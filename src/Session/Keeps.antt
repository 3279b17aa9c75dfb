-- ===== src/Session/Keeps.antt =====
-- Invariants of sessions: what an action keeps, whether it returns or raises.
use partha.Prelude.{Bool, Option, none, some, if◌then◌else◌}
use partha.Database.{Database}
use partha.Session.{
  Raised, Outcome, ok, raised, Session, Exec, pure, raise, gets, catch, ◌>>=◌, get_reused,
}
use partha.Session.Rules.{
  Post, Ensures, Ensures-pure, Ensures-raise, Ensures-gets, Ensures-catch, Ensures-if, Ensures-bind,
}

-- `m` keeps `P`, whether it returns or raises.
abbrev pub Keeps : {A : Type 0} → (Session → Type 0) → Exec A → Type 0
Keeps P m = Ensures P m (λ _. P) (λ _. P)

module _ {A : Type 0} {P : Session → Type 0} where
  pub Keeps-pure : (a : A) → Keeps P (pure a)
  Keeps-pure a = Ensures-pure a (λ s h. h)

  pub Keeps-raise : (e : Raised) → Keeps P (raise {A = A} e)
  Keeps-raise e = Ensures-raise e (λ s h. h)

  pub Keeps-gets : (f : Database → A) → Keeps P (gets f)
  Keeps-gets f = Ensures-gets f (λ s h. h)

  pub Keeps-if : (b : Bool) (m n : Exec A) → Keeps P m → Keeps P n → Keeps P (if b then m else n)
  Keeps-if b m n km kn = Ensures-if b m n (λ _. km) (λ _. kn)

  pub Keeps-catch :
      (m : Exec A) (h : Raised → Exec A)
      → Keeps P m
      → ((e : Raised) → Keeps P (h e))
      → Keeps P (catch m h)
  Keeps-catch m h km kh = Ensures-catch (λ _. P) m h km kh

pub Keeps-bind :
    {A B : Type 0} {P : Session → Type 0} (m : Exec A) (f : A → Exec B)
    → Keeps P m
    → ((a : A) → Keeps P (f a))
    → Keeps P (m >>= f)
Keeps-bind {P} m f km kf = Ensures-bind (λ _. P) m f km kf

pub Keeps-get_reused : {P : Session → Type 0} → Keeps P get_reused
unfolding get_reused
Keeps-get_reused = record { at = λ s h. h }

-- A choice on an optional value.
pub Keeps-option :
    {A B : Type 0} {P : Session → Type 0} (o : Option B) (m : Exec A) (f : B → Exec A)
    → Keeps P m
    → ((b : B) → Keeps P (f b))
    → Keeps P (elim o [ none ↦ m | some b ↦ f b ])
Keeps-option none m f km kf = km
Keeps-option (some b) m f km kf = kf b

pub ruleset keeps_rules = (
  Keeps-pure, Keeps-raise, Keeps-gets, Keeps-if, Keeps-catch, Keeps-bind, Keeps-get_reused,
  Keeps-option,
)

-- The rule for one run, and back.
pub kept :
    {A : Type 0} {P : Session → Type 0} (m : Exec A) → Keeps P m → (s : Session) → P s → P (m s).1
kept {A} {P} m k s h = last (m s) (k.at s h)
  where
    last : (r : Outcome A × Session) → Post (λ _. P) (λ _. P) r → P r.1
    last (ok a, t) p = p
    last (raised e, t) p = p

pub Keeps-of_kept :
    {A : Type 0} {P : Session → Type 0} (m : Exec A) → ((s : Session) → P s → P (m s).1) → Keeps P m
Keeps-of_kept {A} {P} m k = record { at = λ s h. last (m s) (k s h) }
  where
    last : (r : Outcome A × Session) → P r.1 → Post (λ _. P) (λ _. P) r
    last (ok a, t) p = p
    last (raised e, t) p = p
* * * *
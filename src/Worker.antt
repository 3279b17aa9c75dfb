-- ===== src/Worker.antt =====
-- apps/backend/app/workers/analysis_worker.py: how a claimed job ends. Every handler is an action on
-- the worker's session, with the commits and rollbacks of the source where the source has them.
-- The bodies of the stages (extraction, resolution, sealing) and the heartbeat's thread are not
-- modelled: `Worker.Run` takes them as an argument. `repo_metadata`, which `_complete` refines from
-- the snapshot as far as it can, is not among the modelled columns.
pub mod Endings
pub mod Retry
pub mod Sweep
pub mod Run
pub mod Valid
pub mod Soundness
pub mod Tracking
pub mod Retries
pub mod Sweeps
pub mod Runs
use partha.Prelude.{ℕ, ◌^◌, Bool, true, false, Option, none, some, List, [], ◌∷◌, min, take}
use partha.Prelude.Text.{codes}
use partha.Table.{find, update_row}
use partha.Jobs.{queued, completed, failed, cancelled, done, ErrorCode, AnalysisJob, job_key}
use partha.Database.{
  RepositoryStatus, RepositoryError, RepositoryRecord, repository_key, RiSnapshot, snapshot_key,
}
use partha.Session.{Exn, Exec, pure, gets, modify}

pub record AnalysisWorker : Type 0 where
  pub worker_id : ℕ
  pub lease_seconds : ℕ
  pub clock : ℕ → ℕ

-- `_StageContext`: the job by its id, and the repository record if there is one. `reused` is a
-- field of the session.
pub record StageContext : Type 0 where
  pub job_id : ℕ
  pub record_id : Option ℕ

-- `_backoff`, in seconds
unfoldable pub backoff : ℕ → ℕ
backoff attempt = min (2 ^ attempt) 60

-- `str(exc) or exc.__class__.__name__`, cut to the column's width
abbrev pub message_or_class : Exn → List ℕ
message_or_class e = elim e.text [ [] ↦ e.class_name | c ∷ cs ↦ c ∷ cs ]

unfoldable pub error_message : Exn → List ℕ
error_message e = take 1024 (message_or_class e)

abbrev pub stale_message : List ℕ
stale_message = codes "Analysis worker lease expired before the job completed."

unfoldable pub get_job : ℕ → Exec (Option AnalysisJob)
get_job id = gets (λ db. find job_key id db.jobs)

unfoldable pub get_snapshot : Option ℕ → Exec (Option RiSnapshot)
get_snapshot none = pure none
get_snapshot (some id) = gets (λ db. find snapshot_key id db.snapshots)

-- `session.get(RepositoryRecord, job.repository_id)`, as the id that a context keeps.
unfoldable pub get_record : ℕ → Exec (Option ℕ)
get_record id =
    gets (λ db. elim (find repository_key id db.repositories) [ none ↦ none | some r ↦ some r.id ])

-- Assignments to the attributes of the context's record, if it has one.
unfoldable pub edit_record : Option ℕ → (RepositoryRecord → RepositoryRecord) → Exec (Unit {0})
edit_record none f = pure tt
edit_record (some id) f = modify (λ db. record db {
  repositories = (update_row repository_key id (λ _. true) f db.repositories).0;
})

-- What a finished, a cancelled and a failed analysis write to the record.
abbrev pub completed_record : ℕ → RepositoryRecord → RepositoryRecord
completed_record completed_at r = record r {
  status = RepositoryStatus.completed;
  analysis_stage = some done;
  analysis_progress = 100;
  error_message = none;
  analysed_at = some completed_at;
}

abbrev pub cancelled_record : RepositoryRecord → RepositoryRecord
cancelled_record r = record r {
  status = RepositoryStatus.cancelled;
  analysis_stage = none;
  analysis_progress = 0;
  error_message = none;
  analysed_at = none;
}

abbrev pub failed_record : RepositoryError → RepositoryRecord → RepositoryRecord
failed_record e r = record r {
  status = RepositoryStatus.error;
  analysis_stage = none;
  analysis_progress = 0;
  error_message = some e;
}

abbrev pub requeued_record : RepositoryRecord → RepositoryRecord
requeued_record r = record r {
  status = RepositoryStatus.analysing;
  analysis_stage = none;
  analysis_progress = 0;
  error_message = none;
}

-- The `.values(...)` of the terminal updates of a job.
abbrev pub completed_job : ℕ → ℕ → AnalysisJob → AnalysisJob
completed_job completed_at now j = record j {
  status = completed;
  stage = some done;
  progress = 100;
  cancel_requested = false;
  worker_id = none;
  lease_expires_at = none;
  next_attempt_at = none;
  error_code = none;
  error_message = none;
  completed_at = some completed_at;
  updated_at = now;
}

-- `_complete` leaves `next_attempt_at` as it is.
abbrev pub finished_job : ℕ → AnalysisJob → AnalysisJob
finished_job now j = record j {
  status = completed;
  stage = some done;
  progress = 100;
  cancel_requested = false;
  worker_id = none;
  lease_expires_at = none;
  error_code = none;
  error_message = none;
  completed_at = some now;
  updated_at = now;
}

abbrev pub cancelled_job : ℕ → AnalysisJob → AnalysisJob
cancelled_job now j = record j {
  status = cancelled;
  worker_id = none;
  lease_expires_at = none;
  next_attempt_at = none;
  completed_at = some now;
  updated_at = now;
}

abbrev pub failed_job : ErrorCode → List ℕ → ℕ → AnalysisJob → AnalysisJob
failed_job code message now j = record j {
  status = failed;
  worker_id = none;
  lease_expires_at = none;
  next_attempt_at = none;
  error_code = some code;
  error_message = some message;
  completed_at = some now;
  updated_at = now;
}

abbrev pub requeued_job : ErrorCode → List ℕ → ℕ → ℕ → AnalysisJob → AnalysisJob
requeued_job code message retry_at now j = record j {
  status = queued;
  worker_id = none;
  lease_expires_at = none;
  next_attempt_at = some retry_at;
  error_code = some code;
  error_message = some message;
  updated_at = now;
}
* * * *
## WHAT IS NEEDED
From the material above, set down exactly the lines between the line holding "filename src/Session/Keeps.antt" and the line holding "Keeps-pure a = Ensures-pure a (λ s h. h)", inclusive. Include nothing else.

## WRITTEN RESPONSE
filename src/Session/Keeps.antt
repository 3279b17aa9c75dfb
-- ===== src/Session/Keeps.antt =====
-- Invariants of sessions: what an action keeps, whether it returns or raises.
use partha.Prelude.{Bool, Option, none, some, if◌then◌else◌}
use partha.Database.{Database}
use partha.Session.{
  Raised, Outcome, ok, raised, Session, Exec, pure, raise, gets, catch, ◌>>=◌, get_reused,
}
use partha.Session.Rules.{
  Post, Ensures, Ensures-pure, Ensures-raise, Ensures-gets, Ensures-catch, Ensures-if, Ensures-bind,
}

-- `m` keeps `P`, whether it returns or raises.
abbrev pub Keeps : {A : Type 0} → (Session → Type 0) → Exec A → Type 0
Keeps P m = Ensures P m (λ _. P) (λ _. P)

module _ {A : Type 0} {P : Session → Type 0} where
  pub Keeps-pure : (a : A) → Keeps P (pure a)
  Keeps-pure a = Ensures-pure a (λ s h. h)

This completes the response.